The idea is building the simplest set with a desired algebraic structure from your chosen generators. For instance the simplest group from "$a$" is $\{a^n|\ n=...,-1,0,1,2,...\}$, which is abelian.

The wikipedia general definition of a free object is interesting but rather from the point of view of an algebraist, or category-theorist, it is fundamental in understanding algebraic theories as monads. It is really part of universal algebra, a subject with relatively few applications, though it is good to know it exists.

Also, I think there is an error in the wiki article, free objects are not analogues of bases of vector spaces, it is the generating sets of free objects that are.

Actually, from the wiki article: "let X be a set (called basis)" and later "A is the free object on X".

As Harald, I wonder why you mention calculus. It may be interesting to find contrived examples of free objects in calculus. First you would have to find categories in calculus.

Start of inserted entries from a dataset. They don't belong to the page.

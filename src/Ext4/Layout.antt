-- ===== src/Ext4/Layout.antt =====
-- The structures of kernel/src/fs/ext4/ext4.h. They are packed, so that a structure is the bytes of
-- its fields one behind another, and a pointer to one is a place in a buffer: a layout is the list of
-- the sizes of the fields. A buffer is a function from places to bytes.
pub mod Frame
use freecore.Prelude.{
  ℕ, zero, suc, ◌+◌, ◌-◌, ◌*◌, ◌/◌, ◌%◌, ◌^◌, ◌&&◌, leb, ltb, if◌then◌else◌, List, [], ◌∷◌,
}

abbrev pub Buffer : Type 0
Buffer = ℕ → ℕ

-- The little-endian number in the `n` bytes from `o` on.
unfoldable pub number : ℕ → Buffer → ℕ → ℕ
number zero b o = 0
number (suc n) b o = b o + 256 * number n b (o + 1)

-- The `n` bytes from `o` on set to the lowest bytes of `v`.
unfoldable pub set_number : ℕ → Buffer → ℕ → ℕ → Buffer
set_number n b o v i = if leb o i && ltb i (o + n) then v / 256 ^ (i - o) % 256 else b i

-- `memcpy(dest + d, src + s, n)`, between two buffers, and `memset(dest, 0, n)`
unfoldable pub copy_bytes : Buffer → ℕ → Buffer → ℕ → ℕ → Buffer
copy_bytes dest d src s n i = if leb d i && ltb i (d + n) then src (s + (i - d)) else dest i

unfoldable pub clear_bytes : Buffer → ℕ → Buffer
clear_bytes dest n i = if ltb i n then 0 else dest i

abbrev pub Layout : Type 0
Layout = List ℕ

-- Where the field `k` of a layout begins, and its size.
unfoldable pub offset_of : Layout → ℕ → ℕ
offset_of [] k = 0
offset_of (n ∷ l) zero = 0
offset_of (n ∷ l) (suc k) = n + offset_of l k

unfoldable pub width_of : Layout → ℕ → ℕ
width_of [] k = 0
width_of (n ∷ l) zero = n
width_of (n ∷ l) (suc k) = width_of l k

unfoldable pub size_of : Layout → ℕ
size_of [] = 0
size_of (n ∷ l) = n + size_of l

-- The field `k` of the structure at `p`.
unfoldable pub field : Layout → ℕ → Buffer → ℕ → ℕ
unfolding number offset_of width_of
field l k b p = number (width_of l k) b (p + offset_of l k)

unfoldable pub set_field : Layout → ℕ → Buffer → ℕ → ℕ → Buffer
unfolding set_number offset_of width_of
set_field l k b p v = set_number (width_of l k) b (p + offset_of l k) v

abbrev pub superblock : Layout
superblock =
    4 ∷ 4 ∷ 4 ∷ 4 ∷ 4 ∷ 4 ∷ 4 ∷ 4 ∷ 4 ∷ 4 ∷ 4 ∷ 4 ∷ 4 ∷ 2 ∷ 2 ∷ 2 ∷ 2 ∷ 2 ∷ 2 ∷ 4 ∷ 4 ∷ 4 ∷ 4 ∷ 2
    ∷ 2 ∷ 4 ∷ 2 ∷ 2 ∷ 4 ∷ 4 ∷ 4 ∷ 16 ∷ 16 ∷ 64 ∷ 4 ∷ 2 ∷ 2 ∷ 384 ∷ 4 ∷ []

abbrev pub s_blocks_count_lo : Buffer → ℕ
s_blocks_count_lo sb = field superblock 1 sb 0

abbrev pub s_first_data_block : Buffer → ℕ
s_first_data_block sb = field superblock 5 sb 0

abbrev pub s_log_block_size : Buffer → ℕ
s_log_block_size sb = field superblock 6 sb 0

abbrev pub s_blocks_per_group : Buffer → ℕ
s_blocks_per_group sb = field superblock 8 sb 0

abbrev pub s_inodes_per_group : Buffer → ℕ
s_inodes_per_group sb = field superblock 10 sb 0

abbrev pub s_magic : Buffer → ℕ
s_magic sb = field superblock 15 sb 0

abbrev pub s_inode_size : Buffer → ℕ
s_inode_size sb = field superblock 26 sb 0

abbrev pub s_feature_incompat : Buffer → ℕ
s_feature_incompat sb = field superblock 29 sb 0

abbrev pub s_feature_ro_compat : Buffer → ℕ
s_feature_ro_compat sb = field superblock 30 sb 0

abbrev pub s_blocks_count_hi : Buffer → ℕ
s_blocks_count_hi sb = field superblock 34 sb 0

abbrev pub s_desc_size : Buffer → ℕ
s_desc_size sb = field superblock 35 sb 0

abbrev pub group_desc : Layout
group_desc =
    4 ∷ 4 ∷ 4 ∷ 2 ∷ 2 ∷ 2 ∷ 2 ∷ 4 ∷ 2 ∷ 2 ∷ 2 ∷ 2 ∷ 4 ∷ 4 ∷ 4 ∷ 2 ∷ 2 ∷ 2 ∷ 2 ∷ 4 ∷ 2 ∷ 2 ∷ 4 ∷ []

abbrev pub bg_block_bitmap_lo : Buffer → ℕ → ℕ
bg_block_bitmap_lo b p = field group_desc 0 b p

abbrev pub bg_inode_table_lo : Buffer → ℕ → ℕ
bg_inode_table_lo b p = field group_desc 2 b p

abbrev pub bg_free_blocks_count_lo : Buffer → ℕ → ℕ
bg_free_blocks_count_lo b p = field group_desc 3 b p

abbrev pub bg_block_bitmap_hi : Buffer → ℕ → ℕ
bg_block_bitmap_hi b p = field group_desc 12 b p

abbrev pub bg_inode_table_hi : Buffer → ℕ → ℕ
bg_inode_table_hi b p = field group_desc 14 b p

abbrev pub bg_free_blocks_count_hi : Buffer → ℕ → ℕ
bg_free_blocks_count_hi b p = field group_desc 15 b p

abbrev pub inode : Layout
inode =
    2 ∷ 2 ∷ 4 ∷ 4 ∷ 4 ∷ 4 ∷ 4 ∷ 2 ∷ 2 ∷ 4 ∷ 4 ∷ 4 ∷ 60 ∷ 4 ∷ 4 ∷ 4 ∷ 4 ∷ 2 ∷ 2 ∷ 2 ∷ 2 ∷ 2 ∷ 2 ∷ []

abbrev pub i_mode : Buffer → ℕ
i_mode b = field inode 0 b 0

abbrev pub i_uid : Buffer → ℕ
i_uid b = field inode 1 b 0

abbrev pub i_size_lo : Buffer → ℕ
i_size_lo b = field inode 2 b 0

abbrev pub i_atime : Buffer → ℕ
i_atime b = field inode 3 b 0

abbrev pub i_ctime : Buffer → ℕ
i_ctime b = field inode 4 b 0

abbrev pub i_mtime : Buffer → ℕ
i_mtime b = field inode 5 b 0

abbrev pub i_gid : Buffer → ℕ
i_gid b = field inode 7 b 0

abbrev pub i_links_count : Buffer → ℕ
i_links_count b = field inode 8 b 0

abbrev pub i_blocks_lo : Buffer → ℕ
i_blocks_lo b = field inode 9 b 0

abbrev pub i_flags : Buffer → ℕ
i_flags b = field inode 10 b 0

abbrev pub i_size_high : Buffer → ℕ
i_size_high b = field inode 15 b 0

abbrev pub l_i_blocks_high : Buffer → ℕ
l_i_blocks_high b = field inode 17 b 0

abbrev pub l_i_uid_high : Buffer → ℕ
l_i_uid_high b = field inode 19 b 0

abbrev pub l_i_gid_high : Buffer → ℕ
l_i_gid_high b = field inode 20 b 0

abbrev pub extent_header : Layout
extent_header = 2 ∷ 2 ∷ 2 ∷ 2 ∷ 4 ∷ []

abbrev pub eh_magic : Buffer → ℕ → ℕ
eh_magic b p = field extent_header 0 b p

abbrev pub eh_entries : Buffer → ℕ → ℕ
eh_entries b p = field extent_header 1 b p

abbrev pub eh_depth : Buffer → ℕ → ℕ
eh_depth b p = field extent_header 3 b p

abbrev pub extent_idx : Layout
extent_idx = 4 ∷ 4 ∷ 2 ∷ 2 ∷ []

abbrev pub ei_block : Buffer → ℕ → ℕ
ei_block b p = field extent_idx 0 b p

abbrev pub ei_leaf_lo : Buffer → ℕ → ℕ
ei_leaf_lo b p = field extent_idx 1 b p

abbrev pub ei_leaf_hi : Buffer → ℕ → ℕ
ei_leaf_hi b p = field extent_idx 2 b p

abbrev pub extent : Layout
extent = 4 ∷ 2 ∷ 2 ∷ 4 ∷ []

abbrev pub ee_block : Buffer → ℕ → ℕ
ee_block b p = field extent 0 b p

abbrev pub ee_len : Buffer → ℕ → ℕ
ee_len b p = field extent 1 b p

abbrev pub ee_start_hi : Buffer → ℕ → ℕ
ee_start_hi b p = field extent 2 b p

abbrev pub ee_start_lo : Buffer → ℕ → ℕ
ee_start_lo b p = field extent 3 b p

abbrev pub dir_entry : Layout
dir_entry = 4 ∷ 2 ∷ 1 ∷ 1 ∷ []

abbrev pub entry_inode : Buffer → ℕ → ℕ
entry_inode b p = field dir_entry 0 b p

abbrev pub rec_len : Buffer → ℕ → ℕ
rec_len b p = field dir_entry 1 b p

abbrev pub name_len : Buffer → ℕ → ℕ
name_len b p = field dir_entry 2 b p

abbrev pub file_type : Buffer → ℕ → ℕ
file_type b p = field dir_entry 3 b p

EDIT: I should have stressed that the word "free" comes from "having no relation of dependence" -think "linear dependence" for example. This applies to the elements of your object. For instance, in a free abelian group you do not have any equality other than $xy=yx$ and those derived from this -$xyx=x^2y$, etc. (I cheat because you also have the associativity condition, $x(yz)=(xy)z$, the equality for 1, $1x=x$, and inverses, $xx^{-1}=1$, i.e. the group axioms.)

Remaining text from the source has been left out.